VANCOUVER — The University of Northern British Columbia in Prince George, B.C., is showing you don’t have to be a large institution to be a big player in high performance computing.
Attendees at BCNET’s fifth Annual Advanced Networks Conference
(subtitled this year “The Power of High Performance Computing”) heard Tuesday how smaller institutions can leverage their smaller size and nimbleness to build a world class, multidisciplinary HPC facility.
In addition to its small size, with just some 3,500 students, UNBC is also a relatively new institution, opening its doors in 1994. However Peter Jackson, an associate professor of atmospheric science, environmental science and engineering programs at UNBC, said their newness gives them some distinct advantages. They have one of the youngest faculties in Canada, and everyone knows everyone. It makes cross-faculty co-operation a lot easier.
“It’s much easier to centralize when you’re small because you don’t really have any choice,” said Jackson. “It would be tougher for a larger institution because there’s so much noise going on, and everyone is doing their own thing.”
Centralization was key when it came to building an HPC facility at UNBC, making it easier to attract funding. The initial funding application included 26 different investigators from across campus.
With a $1.4 million grant from the Canada Foundation for Innovation and other sources UNBC built their HPC facility in 1999, a 28-processor SGI 3400 shared memory machine with 14GB of RAM along with hardware to support graphics, simulation and visualization.
Centralization has also made service and support easier. While hydro use and air conditioning are always an issue with HPC facilities, having it all in one location rather than dispersed at locations across campus, as is the case at some larger universities, has helped.
Jackson said the facility has been constantly busy with researchers from a range of departments running projects, from physics and the environmental sciences to geographers and even political science.
The facility also helped UNBC attract two Canada Research Chairs in climate prediction and hydrometeorology and helped fuel a 106.4 per cent change in sponsored research income, earning UNBC the ranking of second best small research university in Canada.

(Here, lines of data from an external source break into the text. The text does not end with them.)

-- ===== src/Dns/Client.antt =====
-- src/dns/dns_client.py: host records are written through an API that replaces the whole set.
pub mod Upsert
pub mod Fields
use platform_api.Prelude.{
  Bool, List, Option, Result, String, Text, [], and_then, any, decimal, err, if◌then◌else◌, join,
  keep, lookup, none, not, ok, some, text, text_eq, ℕ, ◌&&◌, ◌++◌, ◌+◌, ◌==◌, ◌∷◌,
}

pub data RecordType : Type 0 where
  a cname txt mx : RecordType

unfoldable pub type_value : RecordType → Text
type_value a = text "A"
type_value cname = text "CNAME"
type_value txt = text "TXT"
type_value mx = text "MX"

-- `RecordType(value)`; `none` is the ValueError of another value
unfoldable pub record_type : Text → Option RecordType
record_type v =
    if text_eq v (text "A")
    then some a
    else if text_eq v (text "CNAME")
    then some cname
    else if text_eq v (text "TXT")
    then some txt
    else if text_eq v (text "MX")
    then some mx
    else none

pub record DnsRecord : Type 0 where
  pub host : Text
  pub type : RecordType
  pub address : Text
  pub ttl : ℕ
  pub mx_pref : ℕ

abbrev pub Fields : Type 0
Fields = List (Text × Text)

-- What the client reads of an answer: whether the HTTP status is good, the root's `Status`, the
-- attributes of each host element, and the texts of the errors.
pub record Reply : Type 0 where
  pub http_ok : Bool
  pub status : Option Text
  pub hosts : List Fields
  pub errors : List Text

pub data DnsError : Type 0 where
  http_status : DnsError
  api_failed : Text → DnsError
  missing_attribute bad_type bad_number bad_domain : DnsError

abbrev pub get_hosts : Text
get_hosts = text "namecheap.domains.dns.getHosts"

abbrev pub set_hosts : Text
set_hosts = text "namecheap.domains.dns.setHosts"

-- `domain.split(".", 1)`; `none` is the ValueError of a domain with no dot.
abbrev pub split_dot : Text → Option (Text × Text)
split_dot [] = none
split_dot (c ∷ s) =
    let rest : Option (Text × Text) = elim (split_dot s) [
      | none ↦ none
      | some (sld, tld) ↦ some (c ∷ sld, tld)
    ] in
    if c == b'.' then some ([], s) else rest

abbrev pub domain_fields : Text → Option Fields
domain_fields domain = elim (split_dot domain) [
  | none ↦ none
  | some (sld, tld) ↦ some ((text "SLD", sld) ∷ (text "TLD", tld) ∷ [])
]

abbrev pub attribute : Text → Fields → Result DnsError Text
attribute name fields = elim (lookup name fields) [ none ↦ err missing_attribute | some v ↦ ok v ]

abbrev pub same_type : RecordType → RecordType → Bool
same_type s t = text_eq (type_value s) (type_value t)

abbrev pub numbered_field : String → ℕ → Text
numbered_field name n = text name ++ decimal n

-- the fields of one record, at its number
abbrev pub record_fields : ℕ → DnsRecord → Fields
record_fields n r =
    (numbered_field "HostName" n, r.host)
    ∷ (numbered_field "RecordType" n, type_value r.type)
    ∷ (numbered_field "Address" n, r.address)
    ∷ (numbered_field "MXPref" n, decimal r.mx_pref)
    ∷ (numbered_field "TTL" n, decimal r.ttl)
    ∷ []

pub all_record_fields : ℕ → List DnsRecord → Fields
all_record_fields n [] = []
all_record_fields n (r ∷ rs) = record_fields n r ++ all_record_fields (n + 1) rs

-- the fields of `_set_records`: every record, and the mail setting where one is an MX
unfoldable pub set_fields : Fields → List DnsRecord → Fields
unfolding all_record_fields
set_fields domain records =
    domain
    ++ (all_record_fields 1 records
        ++ (if any (λ (r : DnsRecord). same_type r.type mx) records
            then (text "EmailType", text "MX") ∷ []
            else []))

-- `(r.host, r.type) != (record.host, record.type)` keeps `r`
abbrev pub same_slot : DnsRecord → DnsRecord → Bool
same_slot r record' = text_eq r.host record'.host && same_type r.type record'.type

unfoldable pub replaced : List DnsRecord → DnsRecord → List DnsRecord
replaced current new = keep (λ r. not (same_slot r new)) current ++ new ∷ []

-- `S` is the state of the API, `post` its answer to one call and its next state, `auth` the
-- credentials, and `int_of` Python's `int` of a text.
module _ {S : Type 0} (post : S → Fields → Reply × S) (auth : Fields)
    (int_of : Text → Option ℕ) where
  abbrev pub number : Text → Result DnsError ℕ
  number s = elim (int_of s) [ none ↦ err bad_number | some n ↦ ok n ]

  pub parse_host : Fields → Result DnsError DnsRecord
  unfolding record_type
  parse_host host = and_then (attribute (text "Name") host) λ name.
      and_then (attribute (text "Type") host) λ type_text.
        and_then (elim (record_type type_text) [ none ↦ err bad_type | some t ↦ ok t ])
          λ t. and_then (attribute (text "Address") host) λ address.
            and_then (attribute (text "TTL") host) λ ttl_text. and_then (number ttl_text) λ ttl.
              and_then (attribute (text "MXPref") host) λ pref_text.
                and_then (number pref_text) λ pref.
                  ok
                    (record { host = name; type = t; address = address; ttl = ttl; mx_pref = pref })

  pub parse_hosts : List Fields → Result DnsError (List DnsRecord)
  unfolding parse_host
  parse_hosts [] = ok []
  parse_hosts (h ∷ hs) = and_then (parse_host h) λ r. and_then (parse_hosts hs) λ rs. ok (r ∷ rs)

  abbrev pub Call : Type 0 → Type 0
  Call A = S → Result DnsError A × S

  checked : Text → Reply → Result DnsError Reply
  checked command reply =
      if reply.http_ok
      then (if text_eq (elim reply.status [ none ↦ [] | some s ↦ s ]) (text "OK")
          then ok reply
          else err (
              api_failed (
                text "namecheap "
                ++ (command ++ (text " failed: " ++ join (text "; ") reply.errors)))))
      else err http_status

  -- `_call`
  pub call : Text → Fields → Call Reply
  unfolding checked
  call command fields s =
      let (reply, s') = post s (auth ++ ((text "Command", command) ∷ fields)) in
      (checked command reply, s')

  -- one step after another, on the API's state
  abbrev pub then_call :
      {A B : Type 0} → Result DnsError A × S → (A → Call B) → Result DnsError B × S
  then_call (ok x, s) f = f x s
  then_call (err e, s) f = (err e, s)

  pub list_records : Text → Call (List DnsRecord)
  unfolding call parse_hosts
  list_records domain s = elim (domain_fields domain) [
    | none ↦ (err bad_domain, s)
    | some fields ↦ then_call (call get_hosts fields s) λ reply s'. (parse_hosts reply.hosts, s')
  ]

  pub set_records : Text → List DnsRecord → Call (Unit {0})
  unfolding call set_fields
  set_records domain records s = elim (domain_fields domain) [
    | none ↦ (err bad_domain, s)
    | some fields ↦ then_call (call set_hosts (set_fields fields records) s) λ reply s'. (ok tt, s')
  ]

  -- Run under the client's lock, so no other upsert stands between the read and the write.
  unfoldable pub upsert_record : Text → DnsRecord → Call (Unit {0})
  unfolding list_records set_records replaced
  upsert_record domain new s =
      then_call (list_records domain s) λ current s'. set_records domain (replaced current new) s'
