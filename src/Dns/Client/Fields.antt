-- ===== src/Dns/Client/Fields.antt =====
-- The numbered fields of a setHosts call of src/dns/dns_client.py.
use platform_api.Prelude.{
  ==_iff, Bool, Bool-cases, List, Option, Text, [], any, decimal, decimal_injective, false,
  false≢true, if◌then◌else◌, inl, inr, lookup, none, refl, some, subst, sym, text, text_eq,
  text_eq_of_ne, text_eq_refl, true, ℕ, ◌++◌, ◌+◌, ◌==◌, ◌∙◌, ◌∷◌, ◌≡◌, ◌≢◌,
}
use platform_api.Dns.Client.{
  DnsRecord, Fields, all_record_fields, mx, numbered_field, record_fields, same_type, set_fields,
  type_value,
}

-- What stands under one number, field by field.
pub record Numbered : Type 0 where
  pub host : Option Text
  pub type : Option Text
  pub address : Option Text
  pub mx_pref : Option Text
  pub ttl : Option Text

pub read_at : ℕ → Fields → Numbered
read_at n fields = record {
  host = lookup (numbered_field "HostName" n) fields;
  type = lookup (numbered_field "RecordType" n) fields;
  address = lookup (numbered_field "Address" n) fields;
  mx_pref = lookup (numbered_field "MXPref" n) fields;
  ttl = lookup (numbered_field "TTL" n) fields;
}

abbrev pub numbered_as : DnsRecord → Numbered
numbered_as r = record {
  host = some r.host;
  type = some (type_value r.type);
  address = some r.address;
  mx_pref = some (decimal r.mx_pref);
  ttl = some (decimal r.ttl);
}

abbrev pub nothing : Numbered
nothing = record { host = none; type = none; address = none; mx_pref = none; ttl = none }

decimal-ne : (m n : ℕ) → m ≢ n → text_eq (decimal m) (decimal n) ≡ false
decimal-ne m n h = text_eq_of_ne (decimal m) (decimal n) (λ e. h (decimal_injective m n e))

read_at-other :
    (n k : ℕ) (r : DnsRecord) (rest : Fields)
    → k ≢ n
    → read_at n (record_fields k r ++ rest) ≡ read_at n rest
unfolding read_at
read_at-other n k r rest h = rw (decimal-ne k n h)

read_at-same :
    (n : ℕ) (r : DnsRecord) (rest : Fields) → read_at n (record_fields n r ++ rest) ≡ numbered_as r
unfolding read_at
read_at-same n r rest = rw (text_eq_refl (decimal n))

abbrev mail_field : Bool → Fields
mail_field b = if b then (text "EmailType", text "MX") ∷ [] else []

read_at-mail : (n : ℕ) (b : Bool) → read_at n (mail_field b) ≡ nothing
unfolding read_at
read_at-mail n true = refl
read_at-mail n false = refl

-- the record under number `i`, where the first one has number `n`
pub nth_as : ℕ → List DnsRecord → ℕ → Numbered
nth_as n [] i = nothing
nth_as n (r ∷ rs) i = if n == i then numbered_as r else nth_as (n + 1) rs i

read_at-all :
    (i n : ℕ) (rs : List DnsRecord) (b : Bool)
    → read_at i (all_record_fields n rs ++ (mail_field b)) ≡ nth_as n rs i
unfolding all_record_fields nth_as
read_at-all i n [] b = read_at-mail i b
read_at-all i n (r ∷ rs) b =
    let rest = all_record_fields (n + 1) rs ++ mail_field b in
    elim (Bool-cases (n == i)) [
      | inl e ↦ rw e (
          subst (λ k. read_at k (record_fields n r ++ rest) ≡ numbered_as r) ((==_iff n i).0 e)
            (read_at-same n r rest))
      | inr e ↦ rw e (
          read_at-other i n r rest (λ q. false≢true (sym e ∙ (==_iff n i).1 q))
          ∙ read_at-all i (n + 1) rs b)
    ]

-- Field by field, a setHosts call carries under number i exactly the i-th of the records, counted
-- from 1, and nothing under any other number.
pub set_fields-read_at :
    (sld tld : Text) (rs : List DnsRecord) (i : ℕ)
    → read_at i (set_fields ((text "SLD", sld) ∷ (text "TLD", tld) ∷ []) rs) ≡ nth_as 1 rs i
unfolding set_fields
set_fields-read_at sld tld rs i =
    domain_skipped ∙ read_at-all i 1 rs (any (λ (r : DnsRecord). same_type r.type mx) rs)
  where
    domain_skipped :
        read_at i (
          (text "SLD", sld)
          ∷ (text "TLD", tld)
          ∷ (all_record_fields 1 rs
              ++ mail_field (any (λ (r : DnsRecord). same_type r.type mx) rs)))
        ≡ read_at i
            (all_record_fields 1 rs ++ mail_field (any (λ (r : DnsRecord). same_type r.type mx) rs))
    domain_skipped = unfold read_at in refl
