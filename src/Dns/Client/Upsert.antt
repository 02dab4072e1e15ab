-- ===== src/Dns/Client/Upsert.antt =====
-- What an upsert of src/dns/dns_client.py does to the list of records.
use platform_api.Prelude.{
  Bool, Bool-cases, List, Text, [], ap, append-nil, arith, false, false≢true, if◌then◌else◌, inl,
  inr, keep, not, refl, sym, text_eq, text_eq_iff, text_eq_refl, true, ◌&&◌, ◌++◌, ◌∙◌, ◌∷◌, ◌≡◌,
}
use platform_api.Dns.Client.{
  DnsRecord, RecordType, a, cname, mx, replaced, same_slot, same_type, txt, type_value,
}

-- Two types compared by name, apart from their texts.
abbrev pub same_kind : RecordType → RecordType → Bool
same_kind a a = true
same_kind cname cname = true
same_kind txt txt = true
same_kind mx mx = true
same_kind s t = false

abbrev pub is_at : Text → RecordType → DnsRecord → Bool
is_at h t r = text_eq r.host h && same_kind r.type t

-- all records of a host and type
abbrev pub records_at : Text → RecordType → List DnsRecord → List DnsRecord
records_at h t rs = keep (is_at h t) rs

same_type-same_kind : (s t : RecordType) → same_type s t ≡ same_kind s t
unfolding type_value
same_type-same_kind s t = ground arith

same_kind-eq : (s t : RecordType) → same_kind s t ≡ true → s ≡ t
same_kind-eq s t h = ground arith

same_kind_refl : (t : RecordType) → same_kind t t ≡ true
same_kind_refl t = ground arith

same_slot-is_at : (r new : DnsRecord) → same_slot r new ≡ is_at new.host new.type r
same_slot-is_at r new = ap (λ k. text_eq r.host new.host && k) (same_type-same_kind r.type new.type)

same_slot_refl : (r : DnsRecord) → same_slot r r ≡ true
same_slot_refl r = same_slot-is_at r r ∙ ground (arith, text_eq_refl r.host, same_kind_refl r.type)

is_at-parts :
    (h : Text) (t : RecordType) (r : DnsRecord) → is_at h t r ≡ true → (r.host ≡ h) × (r.type ≡ t)
is_at-parts h t r e =
    (ground (arith, e, text_eq_iff r.host h), same_kind-eq r.type t (ground (arith, e)))

-- A record of the upsert's own host and type is one that it drops, and no other is.
same_slot-own :
    (h : Text) (t : RecordType) (new : DnsRecord)
    → is_at h t new ≡ true
    → (r : DnsRecord) → same_slot r new ≡ is_at h t r
same_slot-own h t new e r =
    let (hosts, types) = is_at-parts h t new e in same_slot-is_at r new ∙ cc (hosts, types)

same_slot-other :
    (h : Text) (t : RecordType) (new : DnsRecord)
    → is_at h t new ≡ false
    → (r : DnsRecord) → is_at h t r ≡ true
    → same_slot r new ≡ false
same_slot-other h t new e r there =
    let (hosts, types) = is_at-parts h t r there in
    elim (Bool-cases (same_slot r new)) [
      | inr k ↦ k
      | inl k ↦
          let (host, type) = is_at-parts new.host new.type r (sym (same_slot-is_at r new) ∙ k) in
          absurd (
            false≢true (
              sym e ∙ (cc (hosts, host, types, type, same_slot-is_at new new, same_slot_refl new))))
    ]

keep-dropped :
    (p q : DnsRecord → Bool) (rs : List DnsRecord)
    → ((r : DnsRecord) → q r ≡ p r)
    → keep p (keep (λ r. not (q r)) rs) ≡ []
keep-dropped p q [] h = refl
keep-dropped p q (r ∷ rs) h = ground (arith, keep-dropped p q rs h, h r)

keep-other :
    (p q : DnsRecord → Bool) (rs : List DnsRecord)
    → ((r : DnsRecord) → p r ≡ true → q r ≡ false)
    → keep p (keep (λ r. not (q r)) rs) ≡ keep p rs
keep-other p q [] h = refl
keep-other p q (r ∷ rs) h = ground (arith, keep-other p q rs h, h r)

keep-append :
    (p : DnsRecord → Bool) (xs ys : List DnsRecord) → keep p (xs ++ ys) ≡ keep p xs ++ keep p ys
keep-append p [] ys = refl
keep-append p (x ∷ xs) ys = ground (arith, keep-append p xs ys)

keep-keep : (p : DnsRecord → Bool) (xs : List DnsRecord) → keep p (keep p xs) ≡ keep p xs
keep-keep p [] = refl
keep-keep p (x ∷ xs) = ground (arith, keep-keep p xs)

-- After an upsert the given record is the only one of its host and type, and of every other host and
-- type the records are those that were there, in their order.
pub records_at-replaced :
    (current : List DnsRecord) (new : DnsRecord) (h : Text) (t : RecordType)
    → records_at h t (replaced current new)
      ≡ (if is_at h t new then new ∷ [] else records_at h t current)
unfolding replaced
records_at-replaced current new h t =
    rw (keep-append (is_at h t) (keep (λ r. not (same_slot r new)) current) (new ∷ []))
      (elim (Bool-cases (is_at h t new)) [
        | inl e ↦
            rw
              (keep-dropped (is_at h t) (λ r. same_slot r new) current (same_slot-own h t new e), e)
              refl
        | inr e ↦
            rw
              (keep-other (is_at h t) (λ r. same_slot r new) current (same_slot-other h t new e), e)
              (append-nil _)
      ])

kept-replaced :
    (current : List DnsRecord) (new : DnsRecord)
    → keep (λ r. not (same_slot r new)) (replaced current new)
      ≡ keep (λ r. not (same_slot r new)) current
unfolding replaced
kept-replaced current new =
    rw
      (keep-append (λ r. not (same_slot r new)) (keep (λ r. not (same_slot r new)) current)
        (new ∷ []))
      (rw (keep-keep (λ r. not (same_slot r new)) current, same_slot_refl new) (append-nil _))

keep-same :
    (p q : DnsRecord → Bool) (rs : List DnsRecord)
    → ((r : DnsRecord) → p r ≡ q r)
    → keep p rs ≡ keep q rs
keep-same p q [] h = refl
keep-same p q (r ∷ rs) h = ground (arith, keep-same p q rs h, h r)

dropped-same :
    (rs : List DnsRecord) (new : DnsRecord)
    → keep (λ r. not (same_slot r new)) rs ≡ keep (λ r. not (is_at new.host new.type r)) rs
dropped-same rs new = keep-same _ _ rs (λ r. ap not (same_slot-is_at r new))

-- All records that are not of the upsert's host and type stay as they are and in their order, and
-- setting the same record twice is setting it once.
pub replaced_keeps :
    (current : List DnsRecord) (new : DnsRecord)
    → (keep (λ r. not (is_at new.host new.type r)) (replaced current new)
        ≡ keep (λ r. not (is_at new.host new.type r)) current)
      × (replaced (replaced current new) new ≡ replaced current new)
replaced_keeps current new = (
  sym (dropped-same (replaced current new) new)
      ∙ (kept-replaced current new ∙ dropped-same current new),
  unfold replaced in ap (λ rs. rs ++ new ∷ []) (kept-replaced current new),
)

“It’s running all the time, we consistently see near 100 per cent utilization,” said Jackson. “It’s inherently general purpose, people from across all faculties are able to use it.”
Jackson’s own research is using HPC to model wind movement as a way of forecasting the future spread of the mountain pine beetle, a scourge that is devastating B.C.’s forests and is threatening to spread to Alberta. It is hoped the model could help predict future movement, so steps could be taken to prevent it.
UNBC’s HPC facility has been so successful they are now planning a $2.2-million upgrade — which they hope to have in place by September — to a 128+ processor 64-bit Linux cluster with a 32-processorAltix 350 shared memory machine.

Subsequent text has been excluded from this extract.